• Task to carry out: Nothing but the lines from the top of the following entries through the line with "is_empty _ = false" should be printed, exactly as they are.

====

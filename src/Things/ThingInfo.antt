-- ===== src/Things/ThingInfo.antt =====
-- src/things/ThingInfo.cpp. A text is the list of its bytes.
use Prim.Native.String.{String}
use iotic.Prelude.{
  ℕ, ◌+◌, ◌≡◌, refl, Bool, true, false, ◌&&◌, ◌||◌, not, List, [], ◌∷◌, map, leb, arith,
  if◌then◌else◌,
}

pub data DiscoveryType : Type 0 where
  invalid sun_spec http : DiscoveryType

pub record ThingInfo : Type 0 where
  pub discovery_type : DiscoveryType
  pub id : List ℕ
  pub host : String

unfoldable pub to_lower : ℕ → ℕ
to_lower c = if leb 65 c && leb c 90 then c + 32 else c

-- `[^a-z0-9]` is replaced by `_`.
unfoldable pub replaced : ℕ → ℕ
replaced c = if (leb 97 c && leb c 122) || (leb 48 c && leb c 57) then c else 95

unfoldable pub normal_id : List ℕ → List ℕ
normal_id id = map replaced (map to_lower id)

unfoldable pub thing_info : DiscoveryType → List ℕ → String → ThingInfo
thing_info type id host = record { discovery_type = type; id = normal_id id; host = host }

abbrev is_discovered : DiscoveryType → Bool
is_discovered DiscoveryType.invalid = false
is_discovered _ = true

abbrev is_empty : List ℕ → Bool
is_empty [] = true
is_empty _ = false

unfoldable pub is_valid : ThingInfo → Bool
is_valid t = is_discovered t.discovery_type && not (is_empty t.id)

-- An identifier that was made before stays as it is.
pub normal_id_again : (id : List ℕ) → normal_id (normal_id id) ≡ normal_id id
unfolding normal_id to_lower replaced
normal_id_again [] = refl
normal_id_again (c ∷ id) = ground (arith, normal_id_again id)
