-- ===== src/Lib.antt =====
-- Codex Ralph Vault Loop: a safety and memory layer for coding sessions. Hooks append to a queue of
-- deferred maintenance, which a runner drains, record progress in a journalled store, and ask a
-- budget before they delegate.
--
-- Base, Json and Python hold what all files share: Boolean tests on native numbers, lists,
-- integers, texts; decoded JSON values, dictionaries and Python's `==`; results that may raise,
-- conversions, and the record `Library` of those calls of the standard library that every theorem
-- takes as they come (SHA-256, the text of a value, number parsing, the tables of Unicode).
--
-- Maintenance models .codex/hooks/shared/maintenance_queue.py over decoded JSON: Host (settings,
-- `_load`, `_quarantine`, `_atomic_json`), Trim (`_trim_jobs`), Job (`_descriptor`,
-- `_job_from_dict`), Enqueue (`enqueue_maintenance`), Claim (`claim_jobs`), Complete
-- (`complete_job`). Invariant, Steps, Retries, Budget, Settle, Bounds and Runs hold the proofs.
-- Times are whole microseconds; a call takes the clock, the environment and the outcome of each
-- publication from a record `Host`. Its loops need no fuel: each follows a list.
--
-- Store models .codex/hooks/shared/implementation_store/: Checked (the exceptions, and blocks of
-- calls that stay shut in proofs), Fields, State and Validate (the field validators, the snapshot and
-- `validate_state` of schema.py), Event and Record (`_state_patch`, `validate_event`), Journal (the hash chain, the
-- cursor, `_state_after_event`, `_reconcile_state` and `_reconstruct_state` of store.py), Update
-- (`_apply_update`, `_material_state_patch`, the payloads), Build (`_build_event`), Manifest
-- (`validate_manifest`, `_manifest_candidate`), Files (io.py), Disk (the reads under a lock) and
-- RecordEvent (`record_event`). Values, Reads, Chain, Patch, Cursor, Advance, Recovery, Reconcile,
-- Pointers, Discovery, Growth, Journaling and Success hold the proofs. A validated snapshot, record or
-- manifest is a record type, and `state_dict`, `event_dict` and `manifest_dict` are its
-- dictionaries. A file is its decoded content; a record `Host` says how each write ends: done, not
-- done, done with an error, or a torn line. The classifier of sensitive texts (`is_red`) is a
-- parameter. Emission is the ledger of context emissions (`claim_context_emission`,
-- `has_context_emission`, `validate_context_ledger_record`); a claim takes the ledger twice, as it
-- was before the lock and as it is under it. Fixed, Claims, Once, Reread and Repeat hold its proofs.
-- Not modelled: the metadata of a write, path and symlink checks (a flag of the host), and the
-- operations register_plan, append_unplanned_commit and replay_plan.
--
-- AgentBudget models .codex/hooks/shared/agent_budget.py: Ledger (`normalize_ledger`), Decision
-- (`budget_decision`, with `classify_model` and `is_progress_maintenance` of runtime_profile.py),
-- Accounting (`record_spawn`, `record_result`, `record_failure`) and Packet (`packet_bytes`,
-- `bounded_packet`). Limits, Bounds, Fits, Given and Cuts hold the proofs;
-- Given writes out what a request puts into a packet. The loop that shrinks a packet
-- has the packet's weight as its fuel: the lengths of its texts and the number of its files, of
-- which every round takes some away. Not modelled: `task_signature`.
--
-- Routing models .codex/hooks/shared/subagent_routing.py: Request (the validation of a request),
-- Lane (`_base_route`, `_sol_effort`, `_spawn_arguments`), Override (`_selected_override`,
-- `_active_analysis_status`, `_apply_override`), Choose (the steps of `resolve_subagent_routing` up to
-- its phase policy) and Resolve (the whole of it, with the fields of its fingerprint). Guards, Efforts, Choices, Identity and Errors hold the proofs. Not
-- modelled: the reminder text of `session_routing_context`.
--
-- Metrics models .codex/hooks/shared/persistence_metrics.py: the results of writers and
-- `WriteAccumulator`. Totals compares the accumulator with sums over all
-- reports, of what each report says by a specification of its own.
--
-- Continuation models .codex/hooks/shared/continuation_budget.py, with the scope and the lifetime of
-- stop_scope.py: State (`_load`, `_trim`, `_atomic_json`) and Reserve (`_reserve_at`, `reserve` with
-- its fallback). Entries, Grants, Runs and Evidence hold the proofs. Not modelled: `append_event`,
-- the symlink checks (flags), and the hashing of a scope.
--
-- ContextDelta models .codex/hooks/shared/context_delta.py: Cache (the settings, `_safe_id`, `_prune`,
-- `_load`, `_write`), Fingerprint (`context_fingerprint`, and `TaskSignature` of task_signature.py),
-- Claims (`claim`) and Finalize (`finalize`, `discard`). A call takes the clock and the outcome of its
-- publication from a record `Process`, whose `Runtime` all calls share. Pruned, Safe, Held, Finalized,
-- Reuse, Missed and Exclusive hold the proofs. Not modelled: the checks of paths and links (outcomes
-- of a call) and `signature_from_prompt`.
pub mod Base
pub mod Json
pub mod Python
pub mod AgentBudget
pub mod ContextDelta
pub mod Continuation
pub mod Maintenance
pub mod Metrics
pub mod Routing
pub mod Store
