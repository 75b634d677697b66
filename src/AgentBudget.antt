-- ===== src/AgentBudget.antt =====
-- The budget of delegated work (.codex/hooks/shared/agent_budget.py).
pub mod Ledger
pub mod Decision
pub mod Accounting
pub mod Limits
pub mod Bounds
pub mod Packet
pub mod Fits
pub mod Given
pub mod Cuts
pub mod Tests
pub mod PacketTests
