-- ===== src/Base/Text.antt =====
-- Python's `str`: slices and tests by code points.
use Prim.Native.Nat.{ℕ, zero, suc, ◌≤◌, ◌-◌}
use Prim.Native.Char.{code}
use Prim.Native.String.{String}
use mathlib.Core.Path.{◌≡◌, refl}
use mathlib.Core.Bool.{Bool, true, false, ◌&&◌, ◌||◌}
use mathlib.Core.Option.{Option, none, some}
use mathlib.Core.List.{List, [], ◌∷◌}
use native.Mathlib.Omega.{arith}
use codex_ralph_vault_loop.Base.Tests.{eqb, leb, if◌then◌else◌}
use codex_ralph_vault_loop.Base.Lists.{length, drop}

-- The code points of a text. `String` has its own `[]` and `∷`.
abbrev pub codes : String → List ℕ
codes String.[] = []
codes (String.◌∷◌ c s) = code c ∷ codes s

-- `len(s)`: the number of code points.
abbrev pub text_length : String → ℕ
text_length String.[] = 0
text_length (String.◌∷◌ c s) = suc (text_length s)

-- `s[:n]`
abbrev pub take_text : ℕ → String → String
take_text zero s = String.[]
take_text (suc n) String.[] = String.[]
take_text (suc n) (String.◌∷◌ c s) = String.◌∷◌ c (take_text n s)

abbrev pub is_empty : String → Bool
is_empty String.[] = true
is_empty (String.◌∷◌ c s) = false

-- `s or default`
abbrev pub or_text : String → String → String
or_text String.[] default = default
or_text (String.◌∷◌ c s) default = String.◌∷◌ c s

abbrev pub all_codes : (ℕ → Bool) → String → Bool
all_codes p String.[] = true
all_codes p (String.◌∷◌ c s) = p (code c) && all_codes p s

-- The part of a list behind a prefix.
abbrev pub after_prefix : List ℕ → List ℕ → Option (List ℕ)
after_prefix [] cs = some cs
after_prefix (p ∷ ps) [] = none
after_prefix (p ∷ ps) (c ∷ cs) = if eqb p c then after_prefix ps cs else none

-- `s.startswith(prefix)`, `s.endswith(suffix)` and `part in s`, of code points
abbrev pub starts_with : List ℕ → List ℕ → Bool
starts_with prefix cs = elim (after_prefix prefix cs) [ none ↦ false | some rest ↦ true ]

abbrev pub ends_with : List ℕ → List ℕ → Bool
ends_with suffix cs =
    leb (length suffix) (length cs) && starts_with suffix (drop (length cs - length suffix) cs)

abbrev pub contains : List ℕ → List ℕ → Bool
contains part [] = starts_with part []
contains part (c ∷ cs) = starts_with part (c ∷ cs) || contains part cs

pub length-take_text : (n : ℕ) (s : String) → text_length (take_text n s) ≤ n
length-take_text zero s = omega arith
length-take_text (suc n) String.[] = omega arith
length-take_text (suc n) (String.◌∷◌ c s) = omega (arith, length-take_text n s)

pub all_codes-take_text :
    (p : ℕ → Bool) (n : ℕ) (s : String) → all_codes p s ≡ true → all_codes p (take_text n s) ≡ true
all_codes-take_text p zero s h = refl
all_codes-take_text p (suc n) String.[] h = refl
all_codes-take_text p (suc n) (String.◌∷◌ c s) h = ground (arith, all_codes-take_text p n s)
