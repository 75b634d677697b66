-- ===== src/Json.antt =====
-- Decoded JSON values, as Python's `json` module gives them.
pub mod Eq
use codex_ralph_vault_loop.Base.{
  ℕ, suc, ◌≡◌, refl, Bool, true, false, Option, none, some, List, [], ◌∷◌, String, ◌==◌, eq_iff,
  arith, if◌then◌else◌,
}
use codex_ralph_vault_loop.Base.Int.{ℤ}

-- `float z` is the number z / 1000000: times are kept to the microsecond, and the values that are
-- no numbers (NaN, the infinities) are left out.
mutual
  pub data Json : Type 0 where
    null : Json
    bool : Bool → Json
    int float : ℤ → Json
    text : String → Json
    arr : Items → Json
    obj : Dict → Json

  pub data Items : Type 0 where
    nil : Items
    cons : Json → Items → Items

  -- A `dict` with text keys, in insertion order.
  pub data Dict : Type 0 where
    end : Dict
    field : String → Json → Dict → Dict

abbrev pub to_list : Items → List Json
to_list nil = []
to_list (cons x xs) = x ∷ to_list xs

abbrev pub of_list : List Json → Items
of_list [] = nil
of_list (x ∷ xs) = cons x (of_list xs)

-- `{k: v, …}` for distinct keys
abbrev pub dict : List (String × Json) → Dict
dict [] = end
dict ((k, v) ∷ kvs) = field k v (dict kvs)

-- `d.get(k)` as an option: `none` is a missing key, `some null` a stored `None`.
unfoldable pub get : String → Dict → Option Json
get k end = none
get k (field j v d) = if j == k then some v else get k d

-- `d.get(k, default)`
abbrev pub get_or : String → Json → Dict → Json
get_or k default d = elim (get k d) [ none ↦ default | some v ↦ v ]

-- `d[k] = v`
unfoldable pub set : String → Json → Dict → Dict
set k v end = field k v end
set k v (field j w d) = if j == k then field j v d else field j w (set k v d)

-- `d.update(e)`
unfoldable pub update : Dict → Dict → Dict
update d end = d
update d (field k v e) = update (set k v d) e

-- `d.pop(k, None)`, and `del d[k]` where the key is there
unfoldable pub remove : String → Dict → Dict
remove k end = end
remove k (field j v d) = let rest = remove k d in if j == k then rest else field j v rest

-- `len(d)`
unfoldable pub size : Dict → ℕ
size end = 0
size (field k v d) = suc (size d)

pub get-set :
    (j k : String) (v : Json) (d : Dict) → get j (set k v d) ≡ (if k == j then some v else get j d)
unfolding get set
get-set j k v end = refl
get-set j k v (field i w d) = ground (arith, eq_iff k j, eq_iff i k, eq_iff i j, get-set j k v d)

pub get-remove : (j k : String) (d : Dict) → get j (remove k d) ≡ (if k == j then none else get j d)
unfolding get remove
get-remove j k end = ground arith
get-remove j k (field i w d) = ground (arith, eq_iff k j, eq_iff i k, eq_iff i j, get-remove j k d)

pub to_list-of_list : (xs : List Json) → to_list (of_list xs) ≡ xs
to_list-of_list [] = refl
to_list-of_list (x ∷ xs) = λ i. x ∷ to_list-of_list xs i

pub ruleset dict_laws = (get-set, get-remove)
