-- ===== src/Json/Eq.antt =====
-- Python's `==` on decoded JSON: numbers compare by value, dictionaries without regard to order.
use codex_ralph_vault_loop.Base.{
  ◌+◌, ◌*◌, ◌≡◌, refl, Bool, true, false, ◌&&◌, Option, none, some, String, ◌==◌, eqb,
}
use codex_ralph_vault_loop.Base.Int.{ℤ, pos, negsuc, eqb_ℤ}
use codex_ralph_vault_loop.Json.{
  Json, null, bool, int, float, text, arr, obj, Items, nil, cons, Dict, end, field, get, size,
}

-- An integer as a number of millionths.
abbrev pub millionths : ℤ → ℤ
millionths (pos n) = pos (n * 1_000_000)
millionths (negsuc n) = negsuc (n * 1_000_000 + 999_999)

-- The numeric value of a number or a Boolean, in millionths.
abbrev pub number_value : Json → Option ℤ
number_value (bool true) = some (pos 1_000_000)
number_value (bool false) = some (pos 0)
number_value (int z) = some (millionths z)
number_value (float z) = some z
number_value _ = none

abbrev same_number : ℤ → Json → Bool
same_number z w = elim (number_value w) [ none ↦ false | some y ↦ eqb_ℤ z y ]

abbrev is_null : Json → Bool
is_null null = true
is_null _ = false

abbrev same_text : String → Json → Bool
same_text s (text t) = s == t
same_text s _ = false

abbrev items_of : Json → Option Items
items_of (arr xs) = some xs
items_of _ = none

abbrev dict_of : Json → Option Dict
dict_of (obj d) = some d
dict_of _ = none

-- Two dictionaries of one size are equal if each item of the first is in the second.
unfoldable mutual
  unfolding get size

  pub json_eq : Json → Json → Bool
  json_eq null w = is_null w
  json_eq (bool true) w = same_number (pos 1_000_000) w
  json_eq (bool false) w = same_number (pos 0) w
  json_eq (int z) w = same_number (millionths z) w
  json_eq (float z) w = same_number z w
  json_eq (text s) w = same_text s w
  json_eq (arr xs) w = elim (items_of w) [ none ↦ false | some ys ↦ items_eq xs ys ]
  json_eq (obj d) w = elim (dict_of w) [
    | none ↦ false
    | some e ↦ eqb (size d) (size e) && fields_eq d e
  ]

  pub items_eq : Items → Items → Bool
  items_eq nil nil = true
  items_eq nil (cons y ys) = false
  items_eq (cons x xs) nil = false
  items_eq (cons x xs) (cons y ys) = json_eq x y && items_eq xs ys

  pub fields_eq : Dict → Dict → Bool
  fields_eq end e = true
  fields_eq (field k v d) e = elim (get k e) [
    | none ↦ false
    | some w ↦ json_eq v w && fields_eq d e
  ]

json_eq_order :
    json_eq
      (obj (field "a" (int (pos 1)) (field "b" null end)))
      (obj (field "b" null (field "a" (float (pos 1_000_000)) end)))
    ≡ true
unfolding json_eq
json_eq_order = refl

====

• Solved problem:
filename src/Things/ThingInfo.antt
-- ===== src/Things/ThingInfo.antt =====
-- src/things/ThingInfo.cpp. A text is the list of its bytes.
use Prim.Native.String.{String}
use iotic.Prelude.{
  ℕ, ◌+◌, ◌≡◌, refl, Bool, true, false, ◌&&◌, ◌||◌, not, List, [], ◌∷◌, map, leb, arith,
  if◌then◌else◌,
}

pub data DiscoveryType : Type 0 where
  invalid sun_spec http : DiscoveryType

pub record ThingInfo : Type 0 where
  pub discovery_type : DiscoveryType
  pub id : List ℕ
  pub host : String

unfoldable pub to_lower : ℕ → ℕ
to_lower c = if leb 65 c && leb c 90 then c + 32 else c

-- `[^a-z0-9]` is replaced by `_`.
unfoldable pub replaced : ℕ → ℕ
replaced c = if (leb 97 c && leb c 122) || (leb 48 c && leb c 57) then c else 95

unfoldable pub normal_id : List ℕ → List ℕ
normal_id id = map replaced (map to_lower id)

unfoldable pub thing_info : DiscoveryType → List ℕ → String → ThingInfo
thing_info type id host = record { discovery_type = type; id = normal_id id; host = host }

abbrev is_discovered : DiscoveryType → Bool
is_discovered DiscoveryType.invalid = false
is_discovered _ = true

abbrev is_empty : List ℕ → Bool
is_empty [] = true
is_empty _ = false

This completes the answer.